I was getting bored. The thing they don’t tell you about baby siblings is that the cute factor’s effective in small doses, but wears off after a few minutes. So, I got my micro machine aircraft carrier, opened the front storage hatch, and dumped several decades of military aviation onto the blanket: Phantoms, Warthogs, Tomcats, and a hunting‐vest orange spy plane. Greg’s eyes lit up. He laser‐focused on the miniature X‐1, and somewhere Gary Powers’ ears must have burned, because Greg immediately flopped forward onto his hands and crawled towards the toy with the enthusiasm of a Soviet antiaircraft missile. 

“MOM! MOM!!!” She came running, and was equally as thrilled as I was. Is there a lesson here? Thank the Lord, no. There’s an experience: one that makes me smile on a rainy afternoon in the middle of a half‐successful job hunt twenty‐odd years later. While there’s no easily‐taken lesson, there is a memory of the way family members’ lives intertwine. That intertwining is more complicated and beautiful than a moral summation. Edward Hopper once said that if he could paraphrase what was happening in his paintings, there’d be no reason to paint them. Growing up with Greg, as with anyone, was the same.

Point/Counterpoint

This is not to say that raising a child with Down syndrome is easy, or that I mean to be flippant about the feelings of expectant parents. The challenges of raising a child with this condition are unique. However, I’m writing this from the perspective of a sibling, and not a parent. From that different perspective, the difficulties are counterbalanced by having a life made fuller by another family member. From the sibling’s point of view, the kid is not a cataclysm or a cause for concern. They’re another family member, with all that entails. Some kids will find the new baby fun and exciting. Or, if you’ve got an only child who doesn’t want a sibling, they’ll find a new baby annoying. Or, if you have a kid who’s dying for a little brother or sister, the new kid will be a boon. While the diagnosis may be scary for the parents, what your current or future kids will experience from a sibling with Down syndrome isn’t consternation or fear. It’s the complicated, haphazard fullness of human experience, with all that entails. That’s something that defies easy categorization, whether in a fable, an op‐ed, or a policy.

It’s impossible for me not to compare a child’s openness to the sterile myopia of many politicians and academics. For instance, there’s hatemonger Richard Dawkins, telling a woman who had a baby with Down syndrome to murder her newborn child and “start over.” There’s any number of politicians who mournfully speak of differently abled kids as “burdens,” then coincidentally receive thousands from Planned Parenthood, who account for many of the 67‐85% of babies with a prenatal diagnosis of Down syndrome murdered in the womb. There’s the anonymous high‐achieving father who actually said, “if he can’t grow up to have a shot at being President, we don’t want him.” I’d be well within bounds to call those people’s myopia, monstrous. But that would reduce them to characters in a fable, too. Thinking of the openness Greg inspires, I realize hating them is too simplistic a response to their ignorance. Instead, I feel a subtler and more difficult emotion: pity. How can anyone see the complexity, interconnectedness, and haphazard beauty of any life as a “burden?” 
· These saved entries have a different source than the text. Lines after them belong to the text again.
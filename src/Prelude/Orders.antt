-- ===== src/Prelude/Orders.antt =====
-- Go's comparison functions, which answer less, same or more, and what makes one an order.
use Prim.Native.Nat.{ℕ}
use mathlib.Core.Path.{◌≡◌, refl}
use mathlib.Core.Bool.{Bool, true, false}
use mathlib.Core.List.{[], ◌∷◌}
use native.Mathlib.Omega.{arith}
use pilam.Prelude.Tests.{ltb, if◌then◌else◌}
use pilam.Prelude.Int.{ℤ, ltb_ℤ}
use pilam.Prelude.Text.{Text, Order, less, same, more, compare_text}

abbrev pub is_more : Order → Bool
is_more more = true
is_more _ = false

abbrev pub is_less : Order → Bool
is_less less = true
is_less _ = false

abbrev pub flip : Order → Order
flip less = more
flip same = same
flip more = less

-- A second comparison decides where the first one does not.
abbrev pub then_by : Order → Order → Order
then_by same o = o
then_by o _ = o

abbrev pub compare_nat : ℕ → ℕ → Order
compare_nat a b = if ltb a b then less else if ltb b a then more else same

abbrev pub compare_int : ℤ → ℤ → Order
compare_int a b = if ltb_ℤ a b then less else if ltb_ℤ b a then more else same

-- The other way round it answers the opposite, and what is not above is transitive.
pub record IsOrder {A : Type 0} (c : A → A → Order) : Type 0 where
  pub flips : (x y : A) → c y x ≡ flip (c x y)
  pub steps :
      (x y z : A) → is_more (c x y) ≡ false → is_more (c y z) ≡ false → is_more (c x z) ≡ false

text_flips : (s t : Text) → compare_text t s ≡ flip (compare_text s t)
unfolding compare_text
text_flips [] [] = refl
text_flips [] (d ∷ t) = refl
text_flips (c ∷ s) [] = refl
text_flips (c ∷ s) (d ∷ t) = ground (arith, text_flips s t)

text_steps :
    (s t u : Text)
    → is_more (compare_text s t) ≡ false
    → is_more (compare_text t u) ≡ false
    → is_more (compare_text s u) ≡ false
unfolding compare_text
text_steps [] t [] h k = refl
text_steps [] t (c ∷ u) h k = refl
text_steps (c ∷ s) [] u h k = absurd (ground arith)
text_steps (c ∷ s) (d ∷ t) [] h k = absurd (ground arith)
text_steps (c ∷ s) (d ∷ t) (e ∷ u) h k = ground (arith, text_steps s t u)

pub text-IsOrder : IsOrder compare_text
text-IsOrder = record { flips = text_flips; steps = text_steps }

pub nat-IsOrder : IsOrder compare_nat
nat-IsOrder = record { flips = λ x y. ground arith; steps = λ x y z h k. ground arith }

pub int-IsOrder : IsOrder compare_int
int-IsOrder = record { flips = λ x y. ground arith; steps = λ x y z h k. ground arith }

module _ {A : Type 0} where
  pub then_by-IsOrder :
      (c d : A → A → Order) → IsOrder c → IsOrder d → IsOrder (λ x y. then_by (c x y) (d x y))
  then_by-IsOrder c d first second = record {
    flips = λ x y. ground (arith, first.flips x y, second.flips x y);
    steps = λ x y z h k. ground (
      arith,
      first.flips x y,
      first.flips y z,
      first.flips x z,
      first.steps x y z,
      first.steps z x y,
      first.steps y z x,
      second.steps x y z,
    );
  }

  -- The order of a key, and the opposite of an order.
  pub key-IsOrder :
      {B : Type 0} (key : A → B) (c : B → B → Order)
      → IsOrder c
      → IsOrder (λ x y. c (key x) (key y))
  key-IsOrder key c h = record {
    flips = λ x y. h.flips (key x) (key y);
    steps = λ x y z. h.steps (key x) (key y) (key z);
  }

  pub opposite-IsOrder : (c : A → A → Order) → IsOrder c → IsOrder (λ x y. c y x)
  opposite-IsOrder c h = record {
    flips = λ x y. h.flips y x;
    steps = λ x y z p q. h.steps z y x q p;
  }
But I could be missing the bigger picture. I don’t care for fables, but maybe the Primum Mobile does. Maybe there is fable‐like purpose behind Greg and I having been born to the same parents. But that’s not something I’ll know, in any full sense, while still alive. In the meantime, all any of us can do is accept the frustrating, beautiful, happenstance way normal is complicated, and complicated is normal.

Navigating the tension between those two is, I’d argue, a decent characterization of the human experience. It’s also a decent characterization of faith.